Sixième constat : la frontière image fixe – image animée – vidéo s’estompe pour le spectateur. On voit se développer de plus en plus souvent un entrelacement entre photo et vidéos. Les photos semblent parfois en mouvement alors qu’il s’agit d’un mouvement de caméra (travelling) sur la photo en en dévoilant progressivement des parties. Ce qui est intéressant c’est qu’une sorte de langage intermédiaire entre celui de la photo et celui du cinéma est en train d’émerger. L’exemple des webdocumentaires confirme cette tendance, complétée par des textes. Mais tout cela se fait en s’appuyant toujours sur le récit, construit et ordonné de manière à faire passer le message. On voit donc émerger une style d’écriture qui permet en classe d’offrir une manière de plus en plus souple d’accès au contenu que l’enseignant propose ou encore qu’il fait produire par les élèves.
Septième constat : Fabriquer des vidéos c’est « écrire » c’est à dire exprimer avec l’aide d’un artefact des pensées, des idées, bref faire passer une intention. Les concours de vidéos scolaire, sur téléphone portable ou autres témoignent de la vitalité de cette écriture et surtout de son accessibilité. Lire, écrire ne se résume pas à l’alphabet et au texte, mais désormais il devient urgent de penser toutes les formes d’écriture. Il n’a été que peu question du son dans les expressions actuelles, mais avec les webradios et autres, on voit bien que le lire et l’écrire prennent une autre dimension que l’école ne pourra pas longtemps laisser de côté. Les enseignants qui incitent leurs élèves à utiliser leur smartphone en classe pour réaliser ces formes d’écriture sont déjà entrés dans cette pratique qui élargit le champ de la responsabilité éducative en matière d’expression.

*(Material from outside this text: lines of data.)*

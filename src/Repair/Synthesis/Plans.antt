-- ===== src/Repair/Synthesis/Plans.antt =====
-- The synthesised plan is the one that plain filters give.
use protostar.Base.{
  ℕ, ◌≡◌, refl, ap, ap₂, ◌∙◌, inl, inr, String, true, List, [], ◌∷◌, ◌++◌, Option, none, some, Dict,
  get, is_empty, Bool-cases, if◌then◌else◌,
}
use protostar.Repair.Synthesis.{
  Group, repair_of, repairs_of, group_findings, group_critiques, synthesize_repair_plan,
}
use protostar.Repair.Synthesis.Groups.{
  findings_for, critiques_for, repair_for, repairs_for, group_findings-get, group_critiques-get,
  repair_of-add, add_critiques,
}

module _ {F C : Type 0} (repair_task_id : F → Option String) (task_refs : C → List String)
    (findings : List F) (critiques : List C) where
  abbrev groups : Dict (Group F C)
  groups =
      group_critiques repair_task_id task_refs critiques
        (group_findings repair_task_id task_refs findings [])

  repair_of-groups :
      (id : String)
      → repair_of id (get groups id) ≡ repair_for repair_task_id task_refs findings critiques id
  repair_of-groups id =
      ap (repair_of id) (
        group_critiques-get repair_task_id task_refs critiques
          (group_findings repair_task_id task_refs findings []) id
        ∙ ap
            (λ o.
              add_critiques repair_task_id task_refs o
                (critiques_for repair_task_id task_refs id critiques))
            (group_findings-get repair_task_id task_refs findings [] id))
      ∙ repair_of-add repair_task_id task_refs id
          (findings_for repair_task_id task_refs id findings)
          (critiques_for repair_task_id task_refs id critiques)

  repairs_of-groups :
      (ids : List String)
      → repairs_of groups ids ≡ repairs_for repair_task_id task_refs findings critiques ids
  unfolding repairs_of
  repairs_of-groups [] = refl
  repairs_of-groups (id ∷ ids) = ap₂ ◌++◌ (repair_of-groups id) (repairs_of-groups ids)

  repairs_of-empty :
      (m : Dict (Group F C)) (ids : List String) → is_empty m ≡ true → repairs_of m ids ≡ []
  unfolding repairs_of
  repairs_of-empty [] [] h = refl
  repairs_of-empty [] (id ∷ ids) h = repairs_of-empty [] ids h
  repairs_of-empty (x ∷ m) ids h = cc

  -- The synthesis throws when no task of the plan is named by a finding or a critique. Otherwise
  -- its repairs are, in the plan's order, the tasks that are named, each with the findings that
  -- name it in their order and with each critique once for each reference to it.
  pub synthesize_repair_plan-repairs_for :
      (run_id : String) (attempt : ℕ) (ids dependent_task_ids : List String)
      → let repairs = repairs_for repair_task_id task_refs findings critiques ids in
        synthesize_repair_plan repair_task_id task_refs run_id attempt ids findings critiques
          dependent_task_ids
        ≡ (if is_empty repairs
            then none
            else some (record {
              run_id = run_id;
              attempt = attempt;
              repairs = repairs;
              dependent_task_ids = dependent_task_ids;
            }))
  unfolding synthesize_repair_plan
  synthesize_repair_plan-repairs_for run_id attempt ids dependent_task_ids =
      elim (Bool-cases (is_empty groups)) [
        | inl none_named ↦
            rw (← repairs_of-groups ids, none_named, repairs_of-empty groups ids none_named)
        | inr named ↦ rw (← repairs_of-groups ids, named)
      ]
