-- ===== src/Repair/Proposal.antt =====
-- admitRepairPlanProposal of packages/repair/src/admit-repair-plan-proposal.ts. An error text is the
-- constructor that stands for its template, with the values that the template shows.
pub mod Admission
use protostar.Base.{
  ℕ, suc, ◌+◌, String, Bool, true, false, List, [], ◌∷◌, ◌++◌, map, Option, none, some, Dict, get,
  put, has, is_empty, if◌then◌else◌,
}

-- What the validator reads of a plan task: its id, the paths of its repo scopes and its tools.
pub record PlanTask : Type 0 where
  pub id : String
  pub scope_paths : List String
  pub tools : List String

-- `requiredCapabilities` of a correction; each part may be absent.
pub record RequiredCapabilities : Type 0 where
  pub repo_scopes : Option (List String)
  pub tool_permissions : Option (List String)

pub record Correction : Type 0 where
  pub target_task_id : String
  pub summary : String
  pub required_capabilities : Option RequiredCapabilities

pub record Proposal : Type 0 where
  pub failing_task_ids : List String
  pub corrections : List Correction

pub data ProposalError : Type 0 where
  unknown_failing_task : String → ProposalError
  unknown_target_task : (index : ℕ) → String → ProposalError
  scope_expansion : (index : ℕ) (scope task : String) → ProposalError
  tool_expansion : (index : ℕ) (tool task : String) → ProposalError

pub data ProposalResult : Type 0 where
  admitted : (failing_task_ids : List String) → List Correction → ProposalResult
  refused : List ProposalError → ProposalResult

unfoldable pub unknown_failing : List String → List String → List ProposalError
unknown_failing failing [] = []
unknown_failing failing (id ∷ ids) =
    if has failing id
    then unknown_failing failing ids
    else unknown_failing_task id ∷ unknown_failing failing ids

-- `tasksById`: a later task takes the place of an earlier one with its id.
unfoldable pub tasks_by_id : List PlanTask → Dict PlanTask → Dict PlanTask
tasks_by_id [] m = m
tasks_by_id (t ∷ ts) m = tasks_by_id ts (put m t.id t)

-- The values that are not allowed, each as an error.
unfoldable pub beyond :
    (String → ProposalError) → (allowed wanted : List String) → List ProposalError
beyond error allowed [] = []
beyond error allowed (x ∷ xs) =
    if has allowed x then beyond error allowed xs else error x ∷ beyond error allowed xs

abbrev beyond? : (String → ProposalError) → List String → Option (List String) → List ProposalError
beyond? error allowed none = []
beyond? error allowed (some wanted) = beyond error allowed wanted

abbrev expansion : Option RequiredCapabilities → PlanTask → ℕ → List ProposalError
expansion none task index = []
expansion (some required) task index =
    beyond? (λ x. scope_expansion index x task.id) task.scope_paths required.repo_scopes
    ++ beyond? (λ x. tool_expansion index x task.id) task.tools required.tool_permissions

unfoldable pub detect_capability_expansion : Correction → PlanTask → ℕ → List ProposalError
unfolding beyond
detect_capability_expansion correction task index =
    expansion correction.required_capabilities task index

abbrev correction_errors : Option PlanTask → Correction → ℕ → List ProposalError
correction_errors none c index = unknown_target_task index c.target_task_id ∷ []
correction_errors (some task) c index = detect_capability_expansion c task index

unfoldable pub corrections_errors : Dict PlanTask → List Correction → ℕ → List ProposalError
unfolding detect_capability_expansion
corrections_errors m [] index = []
corrections_errors m (c ∷ cs) index =
    correction_errors (get m c.target_task_id) c index ++ corrections_errors m cs (index + 1)

unfoldable pub admit_repair_plan_proposal :
    Proposal → (tasks : List PlanTask) → (failing_task_ids : List String) → ProposalResult
unfolding unknown_failing tasks_by_id corrections_errors
admit_repair_plan_proposal proposal tasks failing_task_ids =
    let errors =
      unknown_failing failing_task_ids proposal.failing_task_ids
      ++ corrections_errors (tasks_by_id tasks []) proposal.corrections 0 in
    if is_empty errors
    then admitted proposal.failing_task_ids proposal.corrections
    else refused errors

En conclusion : l’évolution de la place de la photo et de la vidéo est très nette et prend depuis plusieurs années une importance de plus en plus grande. Le passage par le témoignage visuel fait partie de la culture contemporaine. Non seulement nous enregistrons mais aussi nous diffusons de plus en plus de vidéos. Pour ce qui est du montage, du travail de l’écriture filmique, on s’aperçoit que c’est moins fréquent du fait du temps et de la complexité de l’opération. Cependant l’engouement pour la vidéo et les logiciels de montage ne se dément pas d’autant plus qu’ils offrent tous les niveaux de difficulté et de performance. Le monde scolaire a longtemps été en difficulté face à l’image. La culture de l’écrit traditionnel est installée dans l’école depuis près de deux siècles. S’il ne s’agit pas de le supprimer, il s’agit désormais de le resituer dans un ensemble qui constitue une partie de l’éducation indispensable aux médias et à l’information. Il est temps que de nombreux enseignants réfléchissent à la nécessité de « monter en compétences » dans ce domaine.